Josie: Our goal at the moment is to get more people to join, especially more younger people. We understand that it’s harder for people these days, especially for the women who are mums and have careers. But we are more than happy for children to come, too.
Brigitta: We want to stop people from just sitting at home, doing nothing, or spending time on their phones. And it’s a nice hobby, especially if you’re craft-minded.
Why should people join Murray Bridge Lacemakers?
Josie: Come for the friendships and the company. Just recently I was sick, and a couple of the ladies came past my house after one of our sessions to check up on me. It’s really nice to know someone is thinking of you.
Brigitta: We’re a happy group, its not just about making lace. We share ideas, like “oh I tried this great soup recipe the other day”’, or “I really like that coat, where did you get it?”, or “do you know any good plumbers in the area?” It’s about socialising, talking to everyone about anything.
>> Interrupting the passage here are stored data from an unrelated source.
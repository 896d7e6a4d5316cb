-- ===== src/Physical/Prepare/Boot.antt =====
-- `prep_mem` as a whole: the regions of the memory map, and the kernel's block among them.
use mathlib.Core.List.{append-nil, append_assoc}
use black_diamond_os.Prelude.{
  ℕ, zero, suc, ◌+◌, ◌*◌, ◌^◌, ◌≤◌, ◌<◌, ◌≡◌, ◌≢◌, refl, sym, ap, ◌∙◌, subst, true, false, List, [],
  ◌∷◌, ◌++◌, length, length-append, arith, u64, ◌==◌, inl, inr, Bool-cases, ne→not_eqb, eq→eqb,
}
use black_diamond_os.Machine.{done, panic}
use black_diamond_os.Physical.{Phys, header_size}
use black_diamond_os.Physical.Access.{load-done}
use black_diamond_os.Physical.Regions.{Region, All, end_of, Spaced}
use black_diamond_os.Physical.Chain.{Linked, Represents, first_of, Spaced-split, Spaced-lt}
use black_diamond_os.Physical.Split.{shrunk, carved, make_new_block-Represents}
use black_diamond_os.Physical.Prepare.{
  MmapEntry, usable, add_region, add_regions, find_kernel, prep_mem,
}
use black_diamond_os.Physical.Prepare.Ascending.{region_of, regions_of, has_end}
use black_diamond_os.Physical.Prepare.Build.{add_region-Represents}

Spaced-prefix :
    (lo : ℕ) (rs : List Region) (x : Region) (ys : List Region)
    → Spaced lo (rs ++ (x ∷ ys))
    → Spaced lo (rs ++ (x ∷ []))
Spaced-prefix lo [] x ys sp = (sp.0, sp.1, Spaced-lt (end_of x) ys sp.2)
Spaced-prefix lo (r ∷ rs) x ys sp = (sp.0, sp.1, Spaced-prefix (end_of r) rs x ys sp.2)

skip_region :
    (fuel : ℕ) (e : MmapEntry) (s : Phys) → usable e ≡ false → add_region fuel e s ≡ done tt s
unfolding add_region
skip_region fuel e s skip = rw skip

-- The loop builds the regions of the map behind those that are there.
add_regions-Represents :
    (fuel : ℕ) (es : List MmapEntry) (s : Phys) (rs : List Region)
    → has_end es ≡ true
    → Represents s rs
    → Spaced 0 (rs ++ regions_of es)
    → length (rs ++ regions_of es) < fuel
    → (s' : Phys) × (add_regions fuel es s ≡ done tt s') × Represents s' (rs ++ regions_of es)
unfolding add_regions regions_of has_end
add_regions-Represents fuel [] s rs ends v sp h = cc
add_regions-Represents fuel (e ∷ es) s rs ends v sp h = elim (Bool-cases (e.address == 0x55AA)) [
  | inl last ↦ rw last (s, refl, rw append-nil v)
  | inr more ↦
      let ends' : has_end es ≡ true = rw more at ends in
      rw more (elim (Bool-cases (usable e)) [
        | inl ok ↦
            let x = region_of e in
            let sp' : Spaced 0 (rs ++ (x ∷ regions_of es)) = rw (more, ok) at sp in
            let h' : length (rs ++ (x ∷ regions_of es)) < fuel = rw (more, ok) at h in
            let assoc = append_assoc rs (x ∷ []) (regions_of es) in
            let (s₁, runs, v₁) =
              add_region-Represents fuel s rs e ok v (Spaced-prefix 0 rs x (regions_of es) sp')
                (omega (arith, length-append rs (x ∷ regions_of es))) in
            let (s₂, then_runs, v₂) =
              add_regions-Represents fuel es s₁ (rs ++ (x ∷ [])) ends' v₁
                (subst (λ l. Spaced 0 l) (sym assoc) sp')
                (subst (λ (l : List Region). length l < fuel) (sym assoc) h') in
            rw ok (s₂, rw runs then_runs, subst (λ l. Represents s₂ l) assoc v₂)
        | inr skip ↦
            let (s₂, runs, v₂) =
              add_regions-Represents fuel es s rs ends' v (rw (more, skip) at sp)
                (rw (more, skip) at h) in
            rw skip (s₂, rw (skip_region fuel e s skip) runs, v₂)
      ])
]

-- The search passes over the blocks before the kernel's region and stops there.
find_kernel-done :
    (fuel : ℕ) (s : Phys) (prev lo : ℕ) (before : List Region) (r : Region) (after : List Region)
    → Linked s.blocks prev (before ++ (r ∷ after)) 0
    → Spaced lo (before ++ (r ∷ after))
    → length (before ++ (r ∷ after)) < fuel
    → r.addr + header_size * 2 < 2 ^ 64
    → find_kernel fuel (r.addr + header_size * 2) (first_of (before ++ (r ∷ after)) 0) s
      ≡ done r.addr s
unfolding find_kernel
find_kernel-done zero s prev lo before r after l sp h k = absurd (omega arith)
find_kernel-done (suc fuel) s prev lo [] r after l sp h k =
    let here : u64 (r.addr + header_size * 2) ≡ r.addr + header_size * 2 = omega arith in
    rw (ne→not_eqb r.addr 0 (omega arith), here, eq→eqb (r.addr + header_size * 2) _ refl)
find_kernel-done (suc fuel) s prev lo (q ∷ qs) r after l sp h k =
    let (_, low, _, _) = Spaced-split (end_of q) qs r after sp.2 in
    let other : (u64 (q.addr + header_size * 2) == r.addr + header_size * 2) ≡ false =
      ne→not_eqb _ _ (omega arith) in
    rw (ne→not_eqb q.addr 0 (omega arith), other)
      (rw (load-done q.addr s sp.1, l.0)
        (find_kernel-done fuel s q.addr (end_of q) qs r after l.1 sp.2 (omega arith) k))

find_kernel-null :
    (fuel : ℕ) (s : Phys) (kernel prev lo : ℕ) (rs : List Region)
    → Linked s.blocks prev rs 0
    → Spaced lo rs
    → length rs < fuel
    → All (λ (q : Region). u64 (q.addr + header_size * 2) ≢ kernel) rs
    → find_kernel fuel kernel (first_of rs 0) s ≡ done 0 s
unfolding find_kernel
find_kernel-null zero s kernel prev lo rs l sp h none = absurd (omega arith)
find_kernel-null (suc fuel) s kernel prev lo [] l sp h none = refl
find_kernel-null (suc fuel) s kernel prev lo (q ∷ qs) l sp h none =
    rw (ne→not_eqb q.addr 0 (omega arith), ne→not_eqb _ kernel none.0)
      (rw (load-done q.addr s sp.1, l.0)
        (find_kernel-null fuel s kernel q.addr (end_of q) qs l.1 sp.2 (omega arith) none.1))

-- memory before `prep_mem`: no block, both globals null
abbrev pub IsFresh : Phys → Type 0
IsFresh s = (s.first_block ≡ 0) × (s.final_block ≡ 0)

module _ (fuel : ℕ) (mmap : List MmapEntry) (s : Phys) (fresh : IsFresh s)
    (ends : has_end mmap ≡ true) (sp : Spaced 0 (regions_of mmap))
    (h : length (regions_of mmap) < fuel) where
  built : (s' : Phys) × (add_regions fuel mmap s ≡ done tt s') × Represents s' (regions_of mmap)
  built =
      add_regions-Represents fuel mmap s [] ends
        (record { linked = tt; first = fresh.0; final = fresh.1; spaced = omega arith }) sp h

  -- On a map that ends, whose usable regions are disjoint and in ascending order, with one of them
  -- 96 bytes before the kernel and large enough for it, with no block before the call and fuel above
  -- the number of usable regions, `prep_mem` leaves a block of size 0 on each usable region, and
  -- behind the kernel's the block of `kernel_size` bytes, header included.
  pub prep_mem-Represents :
      (before : List Region) (r : Region) (after : List Region) (kernel_size : ℕ)
      → regions_of mmap ≡ before ++ (r ∷ after)
      → header_size ≤ kernel_size
      → kernel_size ≤ r.free
      → (s' : Phys) × (prep_mem fuel mmap (r.addr + header_size * 2) kernel_size s ≡ done tt s')
        × Represents s' (before ++ (shrunk r ∷ carved kernel_size r ∷ after))
  unfolding prep_mem
  prep_mem-Represents before r after size split big fits =
      let (s₁, runs, v₁) = built in
      let v : Represents s₁ (before ++ (r ∷ after)) = subst (λ l. Represents s₁ l) split v₁ in
      let (_, _, pos, above) = Spaced-split 0 before r after v.spaced in
      let bound = Spaced-lt (end_of r) after above in
      let kernel : ℕ = r.addr + header_size * 2 in
      let found : find_kernel fuel kernel s₁.first_block s₁ ≡ done r.addr s₁ =
        ap (λ (a : ℕ). find_kernel fuel kernel a s₁) v.first
        ∙ find_kernel-done fuel s₁ 0 0 before r after v.linked v.spaced
            (subst (λ (l : List Region). length l < fuel) split h) (omega arith) in
      let (s₂, made, v₂) = make_new_block-Represents s₁ size before r after v big fits in
      (s₂, rw (runs, found, ne→not_eqb r.addr 0 (omega arith), made), v₂)

  -- On a map that ends, whose usable regions are disjoint and in ascending order, with no block
  -- before the call and fuel above the number of usable regions, `prep_mem` panics if no usable
  -- region starts 96 bytes before the kernel.
  pub prep_mem-panic :
      (kernel kernel_size : ℕ)
      → All (λ (q : Region). u64 (q.addr + header_size * 2) ≢ kernel) (regions_of mmap)
      → prep_mem fuel mmap kernel kernel_size s
        ≡ panic "invalid kernel location (must be 64 bytes after start of memory region)"
  unfolding prep_mem
  prep_mem-panic kernel size none =
      let (s₁, runs, v) = built in
      let found : find_kernel fuel kernel s₁.first_block s₁ ≡ done 0 s₁ =
        ap (λ (a : ℕ). find_kernel fuel kernel a s₁) v.first
        ∙ find_kernel-null fuel s₁ kernel 0 0 (regions_of mmap) v.linked v.spaced h none in
      rw (runs, found)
If you know your right hand from your left hand and can count to four, you can learn how to lace.
Nellie: If you’ve never laced before and you want to come and try, we have plenty of equipment. Come for a few sessions and see how you go, and if you like it, you can join the Australian Lace Guild. When you want to buy your own equipment, we can help you with that too; we know all the suppliers. It’s about getting out, and having company.